• WHAT YOU SHOULD DO: For the word "least", count the lines of the records that hold it, and give only that number.

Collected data

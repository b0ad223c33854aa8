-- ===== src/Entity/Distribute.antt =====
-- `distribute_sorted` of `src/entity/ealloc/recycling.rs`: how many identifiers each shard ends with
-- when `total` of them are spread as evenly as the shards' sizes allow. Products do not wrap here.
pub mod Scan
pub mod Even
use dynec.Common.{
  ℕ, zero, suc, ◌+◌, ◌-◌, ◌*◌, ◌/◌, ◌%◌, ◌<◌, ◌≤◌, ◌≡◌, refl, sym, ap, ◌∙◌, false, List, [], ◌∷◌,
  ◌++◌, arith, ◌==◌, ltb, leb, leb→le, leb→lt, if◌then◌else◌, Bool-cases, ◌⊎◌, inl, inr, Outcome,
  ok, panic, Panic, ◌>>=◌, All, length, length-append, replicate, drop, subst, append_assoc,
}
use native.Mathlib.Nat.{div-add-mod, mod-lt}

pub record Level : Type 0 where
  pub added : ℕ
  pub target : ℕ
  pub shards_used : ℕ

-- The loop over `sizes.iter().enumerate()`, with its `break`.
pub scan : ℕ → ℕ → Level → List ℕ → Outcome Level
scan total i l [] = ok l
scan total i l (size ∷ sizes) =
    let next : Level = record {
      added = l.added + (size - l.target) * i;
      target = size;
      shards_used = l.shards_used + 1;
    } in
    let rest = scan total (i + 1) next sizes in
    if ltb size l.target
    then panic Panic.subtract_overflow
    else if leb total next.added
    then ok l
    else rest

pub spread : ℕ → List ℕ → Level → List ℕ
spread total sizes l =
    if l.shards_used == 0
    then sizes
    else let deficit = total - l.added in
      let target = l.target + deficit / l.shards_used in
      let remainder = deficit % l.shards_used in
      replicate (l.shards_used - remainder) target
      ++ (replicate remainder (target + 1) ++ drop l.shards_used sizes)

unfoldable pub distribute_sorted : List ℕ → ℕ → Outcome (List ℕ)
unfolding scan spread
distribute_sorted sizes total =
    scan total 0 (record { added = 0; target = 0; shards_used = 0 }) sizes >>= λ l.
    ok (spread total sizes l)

==

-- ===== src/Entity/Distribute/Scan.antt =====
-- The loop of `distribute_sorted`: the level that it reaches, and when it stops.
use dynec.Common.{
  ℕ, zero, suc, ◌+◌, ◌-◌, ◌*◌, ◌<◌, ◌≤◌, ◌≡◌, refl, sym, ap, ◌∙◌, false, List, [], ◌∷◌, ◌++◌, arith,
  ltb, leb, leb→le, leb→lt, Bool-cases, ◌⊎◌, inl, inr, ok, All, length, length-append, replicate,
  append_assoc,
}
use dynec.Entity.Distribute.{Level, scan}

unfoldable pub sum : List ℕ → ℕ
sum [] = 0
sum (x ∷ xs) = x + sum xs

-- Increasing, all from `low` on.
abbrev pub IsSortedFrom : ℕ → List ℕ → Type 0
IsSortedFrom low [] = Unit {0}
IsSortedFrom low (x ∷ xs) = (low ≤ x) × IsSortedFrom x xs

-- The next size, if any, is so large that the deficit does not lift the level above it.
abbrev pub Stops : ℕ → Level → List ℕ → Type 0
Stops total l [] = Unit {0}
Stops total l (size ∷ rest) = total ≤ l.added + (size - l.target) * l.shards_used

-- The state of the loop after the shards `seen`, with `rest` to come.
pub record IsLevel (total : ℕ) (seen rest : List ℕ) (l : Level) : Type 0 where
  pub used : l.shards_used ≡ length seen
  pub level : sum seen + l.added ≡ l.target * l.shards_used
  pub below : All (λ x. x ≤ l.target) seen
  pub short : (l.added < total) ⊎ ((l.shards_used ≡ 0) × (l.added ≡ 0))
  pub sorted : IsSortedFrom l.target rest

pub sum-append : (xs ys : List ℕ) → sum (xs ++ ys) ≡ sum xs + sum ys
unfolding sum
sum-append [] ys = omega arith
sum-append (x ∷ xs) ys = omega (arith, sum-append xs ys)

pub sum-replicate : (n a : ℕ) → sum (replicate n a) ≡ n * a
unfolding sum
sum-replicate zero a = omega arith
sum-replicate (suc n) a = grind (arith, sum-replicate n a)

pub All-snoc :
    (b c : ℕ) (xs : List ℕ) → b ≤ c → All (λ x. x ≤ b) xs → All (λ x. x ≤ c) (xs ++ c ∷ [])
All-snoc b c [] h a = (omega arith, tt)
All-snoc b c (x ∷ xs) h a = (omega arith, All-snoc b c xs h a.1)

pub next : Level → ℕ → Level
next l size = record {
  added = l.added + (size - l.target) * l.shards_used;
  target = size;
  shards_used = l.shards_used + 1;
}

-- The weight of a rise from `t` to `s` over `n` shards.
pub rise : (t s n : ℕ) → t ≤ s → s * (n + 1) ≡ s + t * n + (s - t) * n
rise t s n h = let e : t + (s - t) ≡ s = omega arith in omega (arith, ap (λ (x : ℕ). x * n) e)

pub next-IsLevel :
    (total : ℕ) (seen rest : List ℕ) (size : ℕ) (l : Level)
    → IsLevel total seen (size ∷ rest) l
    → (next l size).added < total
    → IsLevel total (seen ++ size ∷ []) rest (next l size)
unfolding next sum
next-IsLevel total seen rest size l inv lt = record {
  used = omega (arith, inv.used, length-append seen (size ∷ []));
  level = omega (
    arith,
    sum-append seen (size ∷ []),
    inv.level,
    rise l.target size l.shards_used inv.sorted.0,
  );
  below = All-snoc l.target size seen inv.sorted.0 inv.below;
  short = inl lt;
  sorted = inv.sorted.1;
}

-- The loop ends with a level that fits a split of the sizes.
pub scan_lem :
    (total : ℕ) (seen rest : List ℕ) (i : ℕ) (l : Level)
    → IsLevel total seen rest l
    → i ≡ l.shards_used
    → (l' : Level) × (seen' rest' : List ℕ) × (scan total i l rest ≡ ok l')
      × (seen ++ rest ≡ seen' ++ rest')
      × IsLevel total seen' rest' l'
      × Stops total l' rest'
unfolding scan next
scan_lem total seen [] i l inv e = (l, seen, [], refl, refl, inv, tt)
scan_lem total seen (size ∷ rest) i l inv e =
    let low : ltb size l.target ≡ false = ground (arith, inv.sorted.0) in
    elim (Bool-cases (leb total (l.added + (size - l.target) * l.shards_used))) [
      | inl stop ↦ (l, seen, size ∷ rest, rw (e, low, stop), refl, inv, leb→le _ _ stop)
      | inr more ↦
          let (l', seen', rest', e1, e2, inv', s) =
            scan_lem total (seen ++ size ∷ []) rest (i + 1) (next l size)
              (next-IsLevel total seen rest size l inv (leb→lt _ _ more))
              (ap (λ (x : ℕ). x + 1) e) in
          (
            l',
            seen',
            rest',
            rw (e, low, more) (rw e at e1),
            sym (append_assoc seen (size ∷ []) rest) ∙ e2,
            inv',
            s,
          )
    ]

---

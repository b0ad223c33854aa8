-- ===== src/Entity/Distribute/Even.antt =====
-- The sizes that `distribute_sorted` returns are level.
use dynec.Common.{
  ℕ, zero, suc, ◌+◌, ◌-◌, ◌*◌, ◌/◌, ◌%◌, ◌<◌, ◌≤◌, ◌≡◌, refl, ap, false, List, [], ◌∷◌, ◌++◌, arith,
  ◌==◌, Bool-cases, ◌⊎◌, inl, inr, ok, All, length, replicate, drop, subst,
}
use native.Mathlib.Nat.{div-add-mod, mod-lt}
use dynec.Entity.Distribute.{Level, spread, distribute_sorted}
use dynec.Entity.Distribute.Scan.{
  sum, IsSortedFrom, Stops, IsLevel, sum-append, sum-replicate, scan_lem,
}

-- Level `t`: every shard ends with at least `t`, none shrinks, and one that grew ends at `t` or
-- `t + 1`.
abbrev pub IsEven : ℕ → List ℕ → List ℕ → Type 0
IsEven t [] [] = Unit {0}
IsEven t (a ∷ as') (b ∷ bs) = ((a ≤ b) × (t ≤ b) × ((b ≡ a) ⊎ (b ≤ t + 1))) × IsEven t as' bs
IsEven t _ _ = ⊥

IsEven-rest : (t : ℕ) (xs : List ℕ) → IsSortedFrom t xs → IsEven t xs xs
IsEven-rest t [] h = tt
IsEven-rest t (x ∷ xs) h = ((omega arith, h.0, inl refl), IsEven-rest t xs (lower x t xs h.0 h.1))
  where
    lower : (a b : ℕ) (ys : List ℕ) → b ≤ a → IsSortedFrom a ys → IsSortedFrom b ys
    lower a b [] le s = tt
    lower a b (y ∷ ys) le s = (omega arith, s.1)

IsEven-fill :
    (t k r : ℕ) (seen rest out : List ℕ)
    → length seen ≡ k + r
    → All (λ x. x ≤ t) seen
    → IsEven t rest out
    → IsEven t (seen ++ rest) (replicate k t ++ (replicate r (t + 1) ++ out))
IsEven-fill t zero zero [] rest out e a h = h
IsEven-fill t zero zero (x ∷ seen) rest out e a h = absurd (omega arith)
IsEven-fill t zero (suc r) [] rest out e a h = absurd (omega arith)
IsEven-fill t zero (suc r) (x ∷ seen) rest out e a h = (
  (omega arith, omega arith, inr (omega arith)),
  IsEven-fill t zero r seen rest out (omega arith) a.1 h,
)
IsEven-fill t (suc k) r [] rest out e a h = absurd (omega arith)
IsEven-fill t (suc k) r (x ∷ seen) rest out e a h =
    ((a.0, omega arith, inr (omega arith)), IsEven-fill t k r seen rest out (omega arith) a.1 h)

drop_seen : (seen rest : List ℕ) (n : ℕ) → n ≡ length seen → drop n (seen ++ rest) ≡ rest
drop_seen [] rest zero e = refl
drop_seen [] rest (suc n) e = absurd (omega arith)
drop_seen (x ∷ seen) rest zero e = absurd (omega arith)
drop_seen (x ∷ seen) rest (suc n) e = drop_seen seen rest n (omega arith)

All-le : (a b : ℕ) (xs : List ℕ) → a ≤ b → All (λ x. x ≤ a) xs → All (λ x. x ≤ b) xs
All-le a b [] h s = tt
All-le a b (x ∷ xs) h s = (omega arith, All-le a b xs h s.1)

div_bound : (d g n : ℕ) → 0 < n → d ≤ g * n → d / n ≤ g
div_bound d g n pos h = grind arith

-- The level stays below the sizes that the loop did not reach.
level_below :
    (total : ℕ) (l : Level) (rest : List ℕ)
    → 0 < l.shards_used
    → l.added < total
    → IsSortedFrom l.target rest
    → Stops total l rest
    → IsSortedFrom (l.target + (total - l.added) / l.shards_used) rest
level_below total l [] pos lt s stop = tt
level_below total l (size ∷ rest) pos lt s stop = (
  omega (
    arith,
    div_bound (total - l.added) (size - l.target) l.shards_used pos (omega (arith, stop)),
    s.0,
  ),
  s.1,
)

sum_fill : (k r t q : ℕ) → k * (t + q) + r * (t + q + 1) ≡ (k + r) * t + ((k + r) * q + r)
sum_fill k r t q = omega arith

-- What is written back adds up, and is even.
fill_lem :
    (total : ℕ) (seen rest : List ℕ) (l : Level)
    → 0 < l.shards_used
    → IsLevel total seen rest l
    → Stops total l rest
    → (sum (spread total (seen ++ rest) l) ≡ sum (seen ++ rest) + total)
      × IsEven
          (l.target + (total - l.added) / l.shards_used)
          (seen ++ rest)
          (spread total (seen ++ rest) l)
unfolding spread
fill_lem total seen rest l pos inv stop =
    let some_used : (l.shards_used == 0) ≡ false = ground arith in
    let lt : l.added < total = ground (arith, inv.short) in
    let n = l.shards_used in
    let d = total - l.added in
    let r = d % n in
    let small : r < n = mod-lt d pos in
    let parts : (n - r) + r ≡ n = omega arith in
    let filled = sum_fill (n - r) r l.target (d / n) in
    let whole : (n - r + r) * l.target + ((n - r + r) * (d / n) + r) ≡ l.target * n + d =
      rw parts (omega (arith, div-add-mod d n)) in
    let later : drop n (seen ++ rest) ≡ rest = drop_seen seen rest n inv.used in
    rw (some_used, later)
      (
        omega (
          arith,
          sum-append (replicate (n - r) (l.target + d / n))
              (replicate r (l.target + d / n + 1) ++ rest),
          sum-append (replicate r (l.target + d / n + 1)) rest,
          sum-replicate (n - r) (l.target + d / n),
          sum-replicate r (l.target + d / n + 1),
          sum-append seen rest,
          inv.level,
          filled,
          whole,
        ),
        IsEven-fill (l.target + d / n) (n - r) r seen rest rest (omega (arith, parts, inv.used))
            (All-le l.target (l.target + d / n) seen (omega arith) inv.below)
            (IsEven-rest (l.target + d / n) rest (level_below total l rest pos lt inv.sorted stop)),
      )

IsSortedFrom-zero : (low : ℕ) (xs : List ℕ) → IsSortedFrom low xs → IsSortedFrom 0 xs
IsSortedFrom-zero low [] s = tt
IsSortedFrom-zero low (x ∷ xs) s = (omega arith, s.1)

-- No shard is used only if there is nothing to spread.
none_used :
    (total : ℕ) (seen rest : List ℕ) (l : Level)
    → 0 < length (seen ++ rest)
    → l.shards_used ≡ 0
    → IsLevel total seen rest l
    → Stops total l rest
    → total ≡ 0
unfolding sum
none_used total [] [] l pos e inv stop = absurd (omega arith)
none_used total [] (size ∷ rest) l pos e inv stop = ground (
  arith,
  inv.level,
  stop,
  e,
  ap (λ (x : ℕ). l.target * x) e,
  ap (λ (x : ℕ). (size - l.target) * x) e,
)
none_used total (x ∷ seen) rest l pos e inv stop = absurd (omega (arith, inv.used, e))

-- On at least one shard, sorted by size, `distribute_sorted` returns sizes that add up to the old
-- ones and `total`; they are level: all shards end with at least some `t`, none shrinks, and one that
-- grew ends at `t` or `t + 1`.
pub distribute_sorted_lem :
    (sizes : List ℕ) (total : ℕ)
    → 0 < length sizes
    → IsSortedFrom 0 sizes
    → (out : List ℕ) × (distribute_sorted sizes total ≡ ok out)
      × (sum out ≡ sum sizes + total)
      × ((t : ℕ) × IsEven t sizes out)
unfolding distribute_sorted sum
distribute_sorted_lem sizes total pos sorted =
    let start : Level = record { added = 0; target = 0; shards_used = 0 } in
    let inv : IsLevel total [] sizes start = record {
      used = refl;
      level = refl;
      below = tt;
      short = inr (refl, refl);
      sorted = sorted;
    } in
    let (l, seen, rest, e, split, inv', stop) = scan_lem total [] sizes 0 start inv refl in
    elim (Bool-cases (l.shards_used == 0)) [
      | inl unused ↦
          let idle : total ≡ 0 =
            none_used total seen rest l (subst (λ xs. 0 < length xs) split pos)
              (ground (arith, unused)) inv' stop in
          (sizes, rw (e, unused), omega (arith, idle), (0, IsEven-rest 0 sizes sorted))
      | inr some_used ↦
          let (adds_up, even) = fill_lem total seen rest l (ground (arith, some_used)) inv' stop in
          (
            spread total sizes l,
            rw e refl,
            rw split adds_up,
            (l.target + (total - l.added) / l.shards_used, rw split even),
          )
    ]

• OUTPUT BELOW: 3